→ Records for the exercise:
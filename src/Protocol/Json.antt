-- ===== src/Protocol/Json.antt =====
-- encoding/json, as the sessions of internal/protocol/pool.go meet it in the store: what a value has
-- become after Marshal and Unmarshal. The numbers are those of the ints of the program.
use yyb_go.Prelude.{
  ℕ, zero, suc, ◌+◌, ◌-◌, ◌*◌, ◌/◌, ◌%◌, ◌^◌, ◌≤◌, ◌<◌, ◌≡◌, refl, ap, true, ◌&&◌, ◌||◌, arith, ltb,
  leb, ◌==◌, if◌then◌else◌,
}
use yyb_go.Prelude.Text.{ℤ, pos, negsuc}
use yyb_go.Protocol.Values.{
  Any, null, boolean, number, text, array, object, Items, nil, cons, Fields, empty, field,
}

-- How many binary digits of a number are behind the 53 that a float64 has; a number of 64 bits has 11 at
-- most.
unfoldable pub excess : ℕ → ℕ → ℕ
excess zero n = 0
excess (suc fuel) n = let rest = suc (excess fuel (n / 2)) in if ltb n (2 ^ 53) then 0 else rest

-- The nearest multiple of `unit`, the even one of two.
unfoldable pub rounded : ℕ → ℕ → ℕ
rounded unit n =
    if ltb unit (2 * (n % unit)) || (2 * (n % unit) == unit && n / unit % 2 == 1)
    then (n / unit + 1) * unit
    else n / unit * unit

unfoldable pub nearest : ℕ → ℕ
nearest n = if leb n (2 ^ 53) then n else rounded (2 ^ excess 11 n) n

-- `int64(float64(n))`
abbrev pub float64 : ℤ → ℤ
float64 (pos n) = pos (nearest n)
float64 (negsuc n) = negsuc (nearest (n + 1) - 1)

unfoldable mutual
  pub decoded_any : Any → Any
  decoded_any null = null
  decoded_any (boolean b) = boolean b
  decoded_any (number n) = number (float64 n)
  decoded_any (text s) = text s
  decoded_any (array xs) = array (decoded_items xs)
  decoded_any (object m) = object (decoded_fields m)

  pub decoded_items : Items → Items
  decoded_items nil = nil
  decoded_items (cons x xs) = cons (decoded_any x) (decoded_items xs)

  pub decoded_fields : Fields → Fields
  decoded_fields empty = empty
  decoded_fields (field name x m) = field name (decoded_any x) (decoded_fields m)

-- No further from 0 than 2 ^ 53.
abbrev pub IsExact : ℤ → Type 0
IsExact (pos n) = n ≤ 2 ^ 53
IsExact (negsuc n) = n < 2 ^ 53

nearest-small : (n : ℕ) → n ≤ 2 ^ 53 → nearest n ≡ n
unfolding nearest
nearest-small n h = let small : leb n (2 ^ 53) ≡ true = ground arith in rw small refl

pub float64-exact : (n : ℤ) → IsExact n → float64 n ≡ n
float64-exact (pos n) h = rw (nearest-small n h) refl
float64-exact (negsuc n) h = rw (nearest-small (n + 1) (omega arith)) (ap negsuc (omega arith))
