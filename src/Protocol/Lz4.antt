-- ===== src/Protocol/Lz4.antt =====
-- internal/protocol/bytes.go: `lz4AllLiteral` and `lz4Decompress`. A position in `data` is the
-- suffix that is still to be read.
pub mod RoundTrip
pub mod Safety
mod Tests
use Prim.Native.Nat.{bit_and}
use yyb_go.Prelude.{
  ℕ, zero, suc, ◌+◌, ◌-◌, ◌*◌, ◌/◌, ◌%◌, [], ◌∷◌, ◌++◌, Option, none, some, Bool, ◌||◌, Bytes, ltb,
  leb, ◌==◌, if◌then◌else◌, length, get_elem?, take, drop,
}
use yyb_go.Prelude.Outcome.{Outcome, ok, err, panic, ◌>>=◌}

pub data Error : Type 0 where
  truncated_literal_length truncated_literals truncated_offset invalid_offset : Error
  truncated_match_length out_of_fuel : Error

-- `for rem >= 255 { out = append(out, 255); rem -= 255 }`, then `byte(rem)`.
length_bytes : ℕ → ℕ → Bytes
length_bytes zero rem = rem % 256 ∷ []
length_bytes (suc fuel) rem =
    let more = length_bytes fuel (rem - 255) in if leb 255 rem then 255 ∷ more else rem % 256 ∷ []

unfoldable pub lz4_all_literal : Bytes → Bytes
unfolding length_bytes
lz4_all_literal content =
    let n = length content in
    if ltb n 15 then n * 16 % 256 ∷ content else 0xf0 ∷ (length_bytes n (n - 15) ++ content)

-- `for i < len(data) && data[i] == 255 { n += 255; i++ }`, and the byte that ends the length.
read_length : Error → Bytes → ℕ → Outcome Error (ℕ × Bytes)
read_length cut [] n = err cut
read_length cut (b ∷ rest) n =
    let more = read_length cut rest (n + 255) in if b == 255 then more else ok (n + b, rest)

-- `for j := 0; j < matchLen; j++ { out = append(out, out[start+j]) }`: `at` is `start + j`.
pub copy_match : ℕ → ℕ → Bytes → Outcome Error Bytes
copy_match zero at out = ok out
copy_match (suc left) at out = elim (get_elem? out at) [
  | some b ↦ copy_match left (at + 1) (out ++ b ∷ [])
  | none ↦ panic
]

abbrev extended_length : Error → ℕ → ℕ → Bytes → Outcome Error (ℕ × Bytes)
extended_length cut nibble base rest =
    if nibble == 15 then read_length cut rest base else ok (base, rest)

copy_literals : ℕ → Bytes → Bytes → Outcome Error (Bytes × Bytes)
copy_literals lit_len rest out =
    if ltb (length rest) lit_len
    then err truncated_literals
    else ok (drop lit_len rest, out ++ take lit_len rest)

-- The offset and the match length behind a sequence's literals.
match_part : ℕ → Bytes → Bytes → Outcome Error (Bytes × Bytes)
unfolding copy_match read_length
match_part tok [] out = err truncated_offset
match_part tok (lo ∷ []) out = err truncated_offset
match_part tok (lo ∷ hi ∷ rest) out =
    let off = lo + 256 * hi in
    if leb off 0 || ltb (length out) off then err invalid_offset else (do
      (match_len, rest') ← extended_length truncated_match_length (tok % 16) (tok % 16 + 4) rest
      out' ← copy_match match_len (length out - off) out
      ok (rest', out'))

-- The loop; the second part of a round is skipped where the literals end the input.
decompress_loop : ℕ → Bytes → Bytes → Outcome Error Bytes
decompress_loop fuel [] out = ok out
decompress_loop zero (tok ∷ rest) out = err out_of_fuel
decompress_loop (suc fuel) (tok ∷ rest) out = do
  (lit_len, rest₁) ← extended_length truncated_literal_length (tok / 16) (tok / 16) rest
  (rest₂, out₁) ← copy_literals lit_len rest₁ out
  elim rest₂ [
    | [] ↦ ok out₁
    | b ∷ bs ↦ match_part tok (b ∷ bs) out₁ >>= λ (rest₃, out₂). decompress_loop fuel rest₃ out₂
  ]

-- Each round takes a byte at least, so `len(data)` rounds are enough.
unfoldable pub lz4_decompress : Bytes → Outcome Error Bytes
unfolding decompress_loop copy_literals match_part
lz4_decompress content = decompress_loop (length content) content []
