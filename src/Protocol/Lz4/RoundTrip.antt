-- ===== src/Protocol/Lz4/RoundTrip.antt =====
-- `lz4Decompress` on what `lz4AllLiteral` writes.
use yyb_go.Prelude.{
  ℕ, zero, suc, ◌+◌, ◌-◌, ◌*◌, ◌/◌, ◌<◌, ◌≡◌, ◌∙◌, ap, [], ◌∷◌, ◌++◌, arith, Bytes, length, inl,
  inr, Bool-cases, ltb, take-length, drop-length,
}
use yyb_go.Prelude.Outcome.{ok}
use yyb_go.Protocol.Lz4.{
  Error, length_bytes, lz4_all_literal, read_length, copy_literals, extended_length,
  truncated_literal_length, decompress_loop, lz4_decompress,
}

-- The extended length is read back, and the byte that ends it is below 255.
read_length-length_bytes :
    (cut : Error) (fuel rem n : ℕ) (rest : Bytes)
    → rem < 255 + 255 * fuel
    → read_length cut (length_bytes fuel rem ++ rest) n ≡ ok (n + rem, rest)
unfolding read_length length_bytes
read_length-length_bytes cut zero rem n rest h = ground arith
read_length-length_bytes cut (suc fuel) rem n rest h =
    ground (arith, read_length-length_bytes cut fuel (rem - 255) (n + 255) rest)

copy_literals-all : (content : Bytes) → copy_literals (length content) content [] ≡ ok ([], content)
unfolding copy_literals
copy_literals-all content = rw (take-length content, drop-length content) (ground arith)

-- A block of one literal run is its literals.
literal_round :
    (fuel tok : ℕ) (rest content : Bytes)
    → extended_length truncated_literal_length (tok / 16) (tok / 16) rest
      ≡ ok (length content, content)
    → decompress_loop (suc fuel) (tok ∷ rest) [] ≡ ok content
unfolding decompress_loop
literal_round fuel tok rest content e = rw (e, copy_literals-all content)

-- Every byte string is compressed to a block that is decompressed to itself.
pub lz4_decompress-lz4_all_literal :
    (content : Bytes) → lz4_decompress (lz4_all_literal content) ≡ ok content
unfolding lz4_decompress lz4_all_literal
lz4_decompress-lz4_all_literal content = elim (Bool-cases (ltb (length content) 15)) [
  | inl small ↦ rw small (literal_round _ _ content content (ground arith))
  | inr large ↦ rw large (
      literal_round (length (ext ++ content)) 0xf0 (ext ++ content) content (
        read_length-length_bytes truncated_literal_length (length content) (length content - 15) 15
          content (omega arith)
        ∙ ap (λ (n : ℕ). ok (n, content)) (ground arith)))
]
  where
    ext : Bytes
    ext = length_bytes (length content) (length content - 15)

→ Task statement: Could you restate word for word the lines above from the one containing "append(out, 255); rem" through the one containing "unfolding copy_match read_length", both included, and nothing else?

→ Answer for this exercise:
-- `for rem >= 255 { out = append(out, 255); rem -= 255 }`, then `byte(rem)`.
length_bytes : ℕ → ℕ → Bytes
length_bytes zero rem = rem % 256 ∷ []
length_bytes (suc fuel) rem =
    let more = length_bytes fuel (rem - 255) in if leb 255 rem then 255 ∷ more else rem % 256 ∷ []

unfoldable pub lz4_all_literal : Bytes → Bytes
unfolding length_bytes
lz4_all_literal content =
    let n = length content in
    if ltb n 15 then n * 16 % 256 ∷ content else 0xf0 ∷ (length_bytes n (n - 15) ++ content)

-- `for i < len(data) && data[i] == 255 { n += 255; i++ }`, and the byte that ends the length.
read_length : Error → Bytes → ℕ → Outcome Error (ℕ × Bytes)
read_length cut [] n = err cut
read_length cut (b ∷ rest) n =
    let more = read_length cut rest (n + 255) in if b == 255 then more else ok (n + b, rest)

-- `for j := 0; j < matchLen; j++ { out = append(out, out[start+j]) }`: `at` is `start + j`.
pub copy_match : ℕ → ℕ → Bytes → Outcome Error Bytes
copy_match zero at out = ok out
copy_match (suc left) at out = elim (get_elem? out at) [
  | some b ↦ copy_match left (at + 1) (out ++ b ∷ [])
  | none ↦ panic
]

abbrev extended_length : Error → ℕ → ℕ → Bytes → Outcome Error (ℕ × Bytes)
extended_length cut nibble base rest =
    if nibble == 15 then read_length cut rest base else ok (base, rest)

copy_literals : ℕ → Bytes → Bytes → Outcome Error (Bytes × Bytes)
copy_literals lit_len rest out =
    if ltb (length rest) lit_len
    then err truncated_literals
    else ok (drop lit_len rest, out ++ take lit_len rest)

-- The offset and the match length behind a sequence's literals.
match_part : ℕ → Bytes → Bytes → Outcome Error (Bytes × Bytes)
unfolding copy_match read_length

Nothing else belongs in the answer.